TASK TO CARRY OUT
Count every line in the entries that holds the word "somes". The reply is that count alone.

THE DATA
== Segment start ==
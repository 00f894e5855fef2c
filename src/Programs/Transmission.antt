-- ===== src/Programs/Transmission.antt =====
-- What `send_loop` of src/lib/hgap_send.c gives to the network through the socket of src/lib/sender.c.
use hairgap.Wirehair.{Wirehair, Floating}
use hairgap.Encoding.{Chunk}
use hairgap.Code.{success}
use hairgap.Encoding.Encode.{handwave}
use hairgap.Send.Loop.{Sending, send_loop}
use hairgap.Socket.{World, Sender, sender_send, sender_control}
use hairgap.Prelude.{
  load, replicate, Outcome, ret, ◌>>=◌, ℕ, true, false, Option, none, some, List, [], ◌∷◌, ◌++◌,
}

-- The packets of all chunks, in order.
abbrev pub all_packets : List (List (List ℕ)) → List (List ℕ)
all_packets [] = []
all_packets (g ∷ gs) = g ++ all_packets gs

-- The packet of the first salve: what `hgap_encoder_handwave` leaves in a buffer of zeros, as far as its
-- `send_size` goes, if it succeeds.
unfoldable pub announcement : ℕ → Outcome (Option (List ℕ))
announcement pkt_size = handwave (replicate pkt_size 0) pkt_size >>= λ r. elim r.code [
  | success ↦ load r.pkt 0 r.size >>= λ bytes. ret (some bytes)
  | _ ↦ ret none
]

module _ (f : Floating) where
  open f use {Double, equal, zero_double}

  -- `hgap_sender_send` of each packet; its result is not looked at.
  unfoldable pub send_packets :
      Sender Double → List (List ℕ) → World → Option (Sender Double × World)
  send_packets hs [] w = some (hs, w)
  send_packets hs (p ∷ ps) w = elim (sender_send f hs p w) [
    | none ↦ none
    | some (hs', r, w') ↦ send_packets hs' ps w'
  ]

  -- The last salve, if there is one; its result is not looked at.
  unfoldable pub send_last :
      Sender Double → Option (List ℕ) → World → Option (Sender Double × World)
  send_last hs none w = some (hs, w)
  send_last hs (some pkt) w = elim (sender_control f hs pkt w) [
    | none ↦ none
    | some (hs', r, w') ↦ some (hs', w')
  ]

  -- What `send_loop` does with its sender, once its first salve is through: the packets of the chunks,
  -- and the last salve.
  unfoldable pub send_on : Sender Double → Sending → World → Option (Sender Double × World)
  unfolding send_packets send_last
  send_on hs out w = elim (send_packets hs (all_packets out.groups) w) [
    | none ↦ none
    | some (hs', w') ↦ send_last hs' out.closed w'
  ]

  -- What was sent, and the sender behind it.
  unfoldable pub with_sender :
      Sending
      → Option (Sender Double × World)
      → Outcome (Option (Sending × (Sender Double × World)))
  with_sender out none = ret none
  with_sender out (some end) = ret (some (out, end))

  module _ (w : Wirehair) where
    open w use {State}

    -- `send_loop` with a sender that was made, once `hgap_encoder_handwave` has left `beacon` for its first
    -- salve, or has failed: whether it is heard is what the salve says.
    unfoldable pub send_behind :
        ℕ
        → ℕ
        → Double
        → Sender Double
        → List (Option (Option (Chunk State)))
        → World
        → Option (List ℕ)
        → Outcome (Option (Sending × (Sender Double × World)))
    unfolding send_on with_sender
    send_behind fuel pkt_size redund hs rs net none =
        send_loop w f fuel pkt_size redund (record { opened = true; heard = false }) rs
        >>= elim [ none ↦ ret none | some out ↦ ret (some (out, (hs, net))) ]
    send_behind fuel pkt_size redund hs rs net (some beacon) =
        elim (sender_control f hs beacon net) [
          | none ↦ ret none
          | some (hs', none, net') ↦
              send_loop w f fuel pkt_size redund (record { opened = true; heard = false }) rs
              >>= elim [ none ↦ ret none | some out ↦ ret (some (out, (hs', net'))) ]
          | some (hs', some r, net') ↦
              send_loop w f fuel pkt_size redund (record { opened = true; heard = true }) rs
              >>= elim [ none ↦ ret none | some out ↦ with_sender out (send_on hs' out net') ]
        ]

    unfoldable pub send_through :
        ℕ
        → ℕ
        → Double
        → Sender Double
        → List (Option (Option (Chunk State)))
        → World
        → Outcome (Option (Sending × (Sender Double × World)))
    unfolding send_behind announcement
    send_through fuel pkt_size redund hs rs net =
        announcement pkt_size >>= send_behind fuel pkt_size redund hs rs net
== Segment end ==
== Segment start ==
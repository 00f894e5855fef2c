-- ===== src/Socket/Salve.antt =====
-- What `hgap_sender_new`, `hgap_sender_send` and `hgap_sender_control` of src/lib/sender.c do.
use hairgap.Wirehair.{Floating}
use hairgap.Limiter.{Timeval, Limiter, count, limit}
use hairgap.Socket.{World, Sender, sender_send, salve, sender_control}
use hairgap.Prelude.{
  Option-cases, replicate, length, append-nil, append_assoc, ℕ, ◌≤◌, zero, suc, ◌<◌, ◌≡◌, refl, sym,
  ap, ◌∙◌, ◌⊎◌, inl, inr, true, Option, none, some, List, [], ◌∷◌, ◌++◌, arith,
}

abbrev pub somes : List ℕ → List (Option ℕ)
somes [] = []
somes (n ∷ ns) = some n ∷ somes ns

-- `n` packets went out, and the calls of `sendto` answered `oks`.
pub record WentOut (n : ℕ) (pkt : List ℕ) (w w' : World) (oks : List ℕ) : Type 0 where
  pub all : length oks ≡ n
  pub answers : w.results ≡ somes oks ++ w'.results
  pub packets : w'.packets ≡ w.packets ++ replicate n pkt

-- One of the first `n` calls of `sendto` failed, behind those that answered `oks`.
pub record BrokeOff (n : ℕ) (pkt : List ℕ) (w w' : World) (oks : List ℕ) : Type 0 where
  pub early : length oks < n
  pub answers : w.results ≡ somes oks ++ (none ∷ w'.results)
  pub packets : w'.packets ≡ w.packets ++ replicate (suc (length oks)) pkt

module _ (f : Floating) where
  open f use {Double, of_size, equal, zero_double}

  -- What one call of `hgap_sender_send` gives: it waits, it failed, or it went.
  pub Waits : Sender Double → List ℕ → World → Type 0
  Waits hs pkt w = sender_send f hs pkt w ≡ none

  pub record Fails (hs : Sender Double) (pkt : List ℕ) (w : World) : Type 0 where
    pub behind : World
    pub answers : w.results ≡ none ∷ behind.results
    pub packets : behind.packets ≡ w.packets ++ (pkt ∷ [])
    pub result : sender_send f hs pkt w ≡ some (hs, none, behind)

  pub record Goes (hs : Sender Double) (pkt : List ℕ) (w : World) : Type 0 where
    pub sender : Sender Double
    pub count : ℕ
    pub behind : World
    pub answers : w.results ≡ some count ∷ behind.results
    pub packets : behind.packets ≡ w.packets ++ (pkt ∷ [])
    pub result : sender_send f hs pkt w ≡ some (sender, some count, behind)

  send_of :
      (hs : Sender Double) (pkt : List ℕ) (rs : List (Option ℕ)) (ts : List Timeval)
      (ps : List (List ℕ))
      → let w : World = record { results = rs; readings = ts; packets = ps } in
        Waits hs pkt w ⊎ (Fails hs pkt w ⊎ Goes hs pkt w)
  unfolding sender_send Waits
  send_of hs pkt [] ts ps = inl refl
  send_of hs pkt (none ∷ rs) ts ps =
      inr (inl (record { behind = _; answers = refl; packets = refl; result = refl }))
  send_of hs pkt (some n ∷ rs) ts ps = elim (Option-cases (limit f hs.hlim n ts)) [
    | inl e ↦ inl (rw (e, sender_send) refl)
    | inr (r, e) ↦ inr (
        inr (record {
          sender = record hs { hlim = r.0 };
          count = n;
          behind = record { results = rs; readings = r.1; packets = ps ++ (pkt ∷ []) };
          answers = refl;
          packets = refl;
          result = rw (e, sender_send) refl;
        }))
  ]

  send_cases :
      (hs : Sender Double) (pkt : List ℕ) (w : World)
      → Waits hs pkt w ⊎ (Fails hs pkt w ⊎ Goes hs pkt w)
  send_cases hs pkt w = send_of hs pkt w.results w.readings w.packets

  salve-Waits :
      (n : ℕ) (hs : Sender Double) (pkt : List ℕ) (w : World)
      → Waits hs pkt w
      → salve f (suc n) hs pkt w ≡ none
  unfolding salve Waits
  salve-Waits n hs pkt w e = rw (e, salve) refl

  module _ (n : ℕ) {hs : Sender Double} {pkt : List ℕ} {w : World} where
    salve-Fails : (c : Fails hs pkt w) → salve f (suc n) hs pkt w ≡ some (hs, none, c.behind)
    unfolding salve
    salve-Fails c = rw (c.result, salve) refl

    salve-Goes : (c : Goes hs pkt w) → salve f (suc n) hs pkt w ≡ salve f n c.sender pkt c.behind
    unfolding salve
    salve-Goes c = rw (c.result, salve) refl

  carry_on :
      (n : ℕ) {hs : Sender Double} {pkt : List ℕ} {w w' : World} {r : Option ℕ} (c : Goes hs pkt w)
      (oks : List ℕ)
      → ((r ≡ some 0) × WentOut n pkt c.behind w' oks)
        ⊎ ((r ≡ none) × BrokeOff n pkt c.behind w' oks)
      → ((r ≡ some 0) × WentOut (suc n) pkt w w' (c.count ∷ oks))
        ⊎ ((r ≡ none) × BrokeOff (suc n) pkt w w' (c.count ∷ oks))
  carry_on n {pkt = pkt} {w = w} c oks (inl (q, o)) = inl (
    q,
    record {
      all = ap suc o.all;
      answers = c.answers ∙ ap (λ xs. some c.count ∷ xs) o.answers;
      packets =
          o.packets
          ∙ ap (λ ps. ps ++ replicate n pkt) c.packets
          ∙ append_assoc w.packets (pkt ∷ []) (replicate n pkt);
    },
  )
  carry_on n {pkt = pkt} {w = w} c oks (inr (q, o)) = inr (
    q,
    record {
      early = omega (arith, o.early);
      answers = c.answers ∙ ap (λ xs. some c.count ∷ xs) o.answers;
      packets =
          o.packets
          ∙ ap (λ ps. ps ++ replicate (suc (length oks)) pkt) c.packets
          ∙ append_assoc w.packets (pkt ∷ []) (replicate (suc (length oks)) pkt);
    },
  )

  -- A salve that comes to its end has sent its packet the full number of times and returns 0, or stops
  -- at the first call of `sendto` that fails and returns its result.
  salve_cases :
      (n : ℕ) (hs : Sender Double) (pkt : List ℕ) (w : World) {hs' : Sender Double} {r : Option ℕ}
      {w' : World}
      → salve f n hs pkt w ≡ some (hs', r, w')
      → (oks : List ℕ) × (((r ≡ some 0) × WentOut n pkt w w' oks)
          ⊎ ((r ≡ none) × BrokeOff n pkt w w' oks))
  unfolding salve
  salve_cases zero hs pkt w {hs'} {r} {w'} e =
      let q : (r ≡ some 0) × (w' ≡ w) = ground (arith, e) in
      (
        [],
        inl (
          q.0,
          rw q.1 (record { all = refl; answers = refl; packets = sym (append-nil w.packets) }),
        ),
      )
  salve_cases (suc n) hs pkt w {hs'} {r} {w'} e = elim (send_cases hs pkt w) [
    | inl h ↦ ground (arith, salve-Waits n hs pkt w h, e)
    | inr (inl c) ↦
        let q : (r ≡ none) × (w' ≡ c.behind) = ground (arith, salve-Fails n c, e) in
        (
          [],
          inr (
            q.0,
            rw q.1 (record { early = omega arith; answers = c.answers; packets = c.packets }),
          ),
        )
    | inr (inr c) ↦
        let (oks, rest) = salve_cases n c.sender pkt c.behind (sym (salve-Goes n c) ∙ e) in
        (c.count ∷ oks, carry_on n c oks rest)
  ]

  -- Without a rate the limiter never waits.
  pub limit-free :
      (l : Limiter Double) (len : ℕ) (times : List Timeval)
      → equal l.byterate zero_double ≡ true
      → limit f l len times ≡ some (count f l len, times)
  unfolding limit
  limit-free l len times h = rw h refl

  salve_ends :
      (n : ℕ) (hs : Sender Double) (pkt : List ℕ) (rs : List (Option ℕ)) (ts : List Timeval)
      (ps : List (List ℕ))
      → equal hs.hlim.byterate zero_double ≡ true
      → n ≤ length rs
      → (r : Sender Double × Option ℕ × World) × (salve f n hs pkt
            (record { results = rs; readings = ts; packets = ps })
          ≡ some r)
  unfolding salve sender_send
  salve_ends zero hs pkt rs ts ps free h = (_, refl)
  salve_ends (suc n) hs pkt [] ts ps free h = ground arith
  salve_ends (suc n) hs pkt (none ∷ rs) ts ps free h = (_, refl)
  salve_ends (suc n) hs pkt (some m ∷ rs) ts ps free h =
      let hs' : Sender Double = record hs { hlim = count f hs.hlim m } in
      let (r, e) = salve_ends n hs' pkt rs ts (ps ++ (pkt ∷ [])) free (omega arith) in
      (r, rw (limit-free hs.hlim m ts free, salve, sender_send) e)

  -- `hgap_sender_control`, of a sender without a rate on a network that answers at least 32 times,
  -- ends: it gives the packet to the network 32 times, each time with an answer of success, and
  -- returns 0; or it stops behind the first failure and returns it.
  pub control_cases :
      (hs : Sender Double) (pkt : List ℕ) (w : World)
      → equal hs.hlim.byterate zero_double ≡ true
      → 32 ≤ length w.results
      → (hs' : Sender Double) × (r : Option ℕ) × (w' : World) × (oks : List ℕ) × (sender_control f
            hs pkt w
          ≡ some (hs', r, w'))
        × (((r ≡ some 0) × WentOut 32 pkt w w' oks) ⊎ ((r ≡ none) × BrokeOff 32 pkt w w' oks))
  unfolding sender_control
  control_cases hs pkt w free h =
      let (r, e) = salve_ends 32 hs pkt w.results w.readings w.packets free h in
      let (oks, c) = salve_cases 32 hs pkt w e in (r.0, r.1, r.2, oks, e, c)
== Segment end ==
RESPONSE TO THIS TASK
5